---------- Source data

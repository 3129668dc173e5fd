-- ===== src/Batches/Host.antt =====
-- src/core/generation-batch.ts: settling a batch with the host that has reserved its budget.
use shan_hai_edu_ppt.Base.{
  ℕ, Bool, true, false, not, ◌||◌, Option, none, some, String, is_none, is_some_text, ◌==◌,
  if◌then◌else◌, Result, ok, err, ◌>>=◌,
}
use shan_hai_edu_ppt.Contracts.Accounting.{
  Authorization, Settlement, BatchStatus, reconciliation_required, StoredGenerationBatch,
  is_settlement_finished,
}
use shan_hai_edu_ppt.Ports.{
  failed, billing_unknown, batch_output, StepRecord, tool_failed, StoredRun,
}
use shan_hai_edu_ppt.Ports.Repository.{get_step, append_event, transact}
use shan_hai_edu_ppt.Usage.{is_usage_v2}
use shan_hai_edu_ppt.Usage.Enqueue.{Hashes}
use shan_hai_edu_ppt.Recovery.Classification.{begin_technical_recovery_for_code}
use shan_hai_edu_ppt.Batches.{
  BatchCode, is_batch_tool, read_batch, updated_batch, parsed, append_generation_batch_event, put,
}
use shan_hai_edu_ppt.Batches.Reserve.{held, controlled_raster_batch_reservation_id, with_batch}
use shan_hai_edu_ppt.Batches.Reserve.Hosted.{after_recovery}
use shan_hai_edu_ppt.Batches.Finalize.{
  Allocation, batch_finalization, close_raster, settle, finalize_usage_v2_generation_batch,
}

-- The batch that reserved itself: `none` for any other one.
abbrev raster_result :
    Result BatchCode (Bool × StoredRun) → Result BatchCode (Option Bool × StoredRun)
raster_result (err e) = err e
raster_result (ok (done, t)) = ok (some done, t)

unfoldable pub finalize_controlled_raster :
    String → Bool → ℕ → StoredRun → Result BatchCode (Option Bool × StoredRun)
finalize_controlled_raster key publish now s = with_batch s key λ step b.
    if not (is_some_text step.budget_reservation_id (controlled_raster_batch_reservation_id b))
    then ok (none, s)
    else if is_settlement_finished b.accounting.settlement
    then ok (some true, s)
    else raster_result (batch_finalization b s.steps s.run >>= close_raster publish now s step b)

-- What the host is asked to settle.
pub record Pending : Type 0 where
  pub reservation_id : String
  pub batch : StoredGenerationBatch
  pub allocation : Allocation

abbrev pend :
    Option String
    → StoredGenerationBatch
    → StoredRun
    → Option Allocation
    → Option Pending × StoredRun
pend (some id) b s (some a) = (some (record { reservation_id = id; batch = b; allocation = a }), s)
pend _ b s _ = (none, s)

unfoldable pub pending_finalization :
    String → StoredRun → Result BatchCode (Option Pending × StoredRun)
pending_finalization key s = with_batch s key λ step b.
    if is_none (held step.budget_reservation_id) || is_settlement_finished b.accounting.settlement
    then ok (none, s)
    else batch_finalization b s.steps s.run >>= λ o.
        ok (pend (held step.budget_reservation_id) b s o)

abbrev pub read_stored : Option StepRecord → Result BatchCode (Option StoredGenerationBatch)
read_stored none = ok none
read_stored (some step) =
    if is_batch_tool step.tool then (read_batch step.output >>= λ b. ok (some b)) else ok none

-- The batch under the key of its round and scope.
unfoldable pub get_generation_batch :
    String → StoredRun → Result BatchCode (Option StoredGenerationBatch)
get_generation_batch key s = read_stored (get_step key s.steps)

abbrev is_settled : Option StoredGenerationBatch → Bool
is_settled none = false
is_settled (some b) = is_settlement_finished b.accounting.settlement

-- Nothing is pending: whether the batch is settled already.
unfoldable pub is_finalized : String → StoredRun → Result BatchCode (Bool × StoredRun)
is_finalized key s = get_generation_batch key s >>= λ b. ok (is_settled b, s)

-- The host has not answered: the run recovers, and the amounts stay to be reconciled.
unfoldable pub lose_finalization :
    Hashes → String → Bool → ℕ → StoredRun → Result BatchCode (Bool × StoredRun)
lose_finalization hashes key publish now s = with_batch s key λ step b.
    updated_batch b
      (record b.accounting {
        settlement = Settlement.unknown;
        reconciliation_units = b.accounting.estimated_units;
      })
      now reconciliation_required
    >>= λ next.
        let t =
          put
            (record step {
              status = billing_unknown;
              error_code = some "BATCH_BUDGET_FINALIZATION_UNKNOWN";
              output = batch_output next;
              updated_at = now;
            })
            s in
        after_recovery
          (begin_technical_recovery_for_code hashes "BATCH_BUDGET_FINALIZATION_UNKNOWN" now t) t
        >>= λ (again, u). ok (
          false,
          append_generation_batch_event publish next
              (append_event u (tool_failed step.id "BATCH_BUDGET_FINALIZATION_UNKNOWN" again)),
        )

unfoldable pub commit_finalization :
    String → Bool → ℕ → Allocation → StoredRun → Result BatchCode (Bool × StoredRun)
commit_finalization key publish now a s = with_batch s key λ step b. settle publish now s step b a

abbrev finalize_with_host :
    Hashes
    → (Pending → Bool)
    → String
    → Bool
    → ℕ
    → Result BatchCode (Option Pending) × StoredRun
    → Result BatchCode Bool × StoredRun
finalize_with_host hashes host key publish now (err e, s) = (err e, s)
finalize_with_host hashes host key publish now (ok none, s) = transact s (is_finalized key)
finalize_with_host hashes host key publish now (ok (some p), s) =
    if host p
    then transact s (commit_finalization key publish now p.allocation)
    else transact s (lose_finalization hashes key publish now)

abbrev finalize_paid :
    Hashes
    → (Pending → Bool)
    → String
    → Bool
    → ℕ
    → Result BatchCode (Option Bool) × StoredRun
    → Result BatchCode Bool × StoredRun
finalize_paid hashes host key publish now (err e, s) = (err e, s)
finalize_paid hashes host key publish now (ok (some done), s) = (ok done, s)
finalize_paid hashes host key publish now (ok none, s) =
    finalize_with_host hashes host key publish now (transact s (pending_finalization key))

-- The transactions one after the other; `host` says whether the host has carried the settlement out.
unfoldable pub finalize_generation_batch :
    Hashes → (Pending → Bool) → String → Bool → ℕ → StoredRun → Result BatchCode Bool × StoredRun
finalize_generation_batch hashes host key publish now s =
    if is_usage_v2 s.run.accounting_protocol
    then transact s (finalize_usage_v2_generation_batch key publish now)
    else finalize_paid hashes host key publish now
        (transact s (finalize_controlled_raster key publish now))

-- What the host's preflight answers: its error is classified by its message.
pub data Preflight : Type 0 where
  accepted_preflight : Preflight
  auth_failed unsupported_preflight unknown_preflight : Preflight

abbrev preflight_code : Preflight → String
preflight_code auth_failed = "BATCH_BUDGET_FINALIZATION_AUTH_FAILED"
preflight_code unsupported_preflight = "BATCH_BUDGET_FINALIZATION_UNSUPPORTED"
preflight_code _ = "BATCH_BUDGET_FINALIZATION_UNKNOWN"

abbrev is_definitive : Preflight → Bool
is_definitive auth_failed = true
is_definitive unsupported_preflight = true
is_definitive _ = false

-- The batch of a preflight that failed; a definitive rejection closes it with nothing submitted.
unfoldable pub rejected_batch : Bool → ℕ → StoredGenerationBatch → StoredGenerationBatch
rejected_batch definitive now b = record b {
  accounting = record b.accounting {
    authorization = Authorization.rejected;
    settlement = if definitive then Settlement.released else Settlement.not_ready;
    released_units = if definitive then b.accounting.estimated_units else 0;
    reconciliation_units = 0;
  };
  status = if definitive then BatchStatus.completed else b.status;
  updated_at = now;
  progress =
      if definitive
      then record { submitted = 0; completed = 0; failed = b.page_count }
      else b.progress;
}

unfoldable pub reject_preflight :
    Hashes → Preflight → String → Bool → ℕ → StoredRun → Result BatchCode (Bool × StoredRun)
reject_preflight hashes answer key publish now s = with_batch s key λ step b.
    parsed (rejected_batch (is_definitive answer) now b) >>= λ next.
    let t =
      put
        (record step {
          status = failed;
          error_code = some (preflight_code answer);
          output = batch_output next;
          updated_at = now;
        })
        s in
    after_recovery (begin_technical_recovery_for_code hashes (preflight_code answer) now t) t
    >>= λ (again, u). ok (
      false,
      append_generation_batch_event publish next
          (append_event u (tool_failed step.id (preflight_code answer) again)),
    )

abbrev is_free : Option StoredGenerationBatch → Bool
is_free none = false
is_free (some b) = b.accounting.estimated_units == 0

abbrev preflight_paid :
    Hashes → Preflight → String → Bool → ℕ → StoredRun → Result BatchCode Bool × StoredRun
preflight_paid hashes accepted_preflight key publish now s = (ok true, s)
preflight_paid hashes answer key publish now s =
    transact s (reject_preflight hashes answer key publish now)

unfoldable pub preflight_generation_batch_finalization :
    Hashes → Preflight → String → Bool → ℕ → StoredRun → Result BatchCode Bool × StoredRun
preflight_generation_batch_finalization hashes answer key publish now s =
    elim (get_generation_batch key s) [
      | err e ↦ (err e, s)
      | ok b ↦
          if is_free b || is_usage_v2 s.run.accounting_protocol
          then (ok true, s)
          else preflight_paid hashes answer key publish now s
    ]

--------------------

Task prompt.
In the entries above, identify every line with the string "StepRecord".

Result of this task.
  failed, billing_unknown, batch_output, StepRecord, tool_failed, StoredRun,
abbrev pub read_stored : Option StepRecord → Result BatchCode (Option StoredGenerationBatch)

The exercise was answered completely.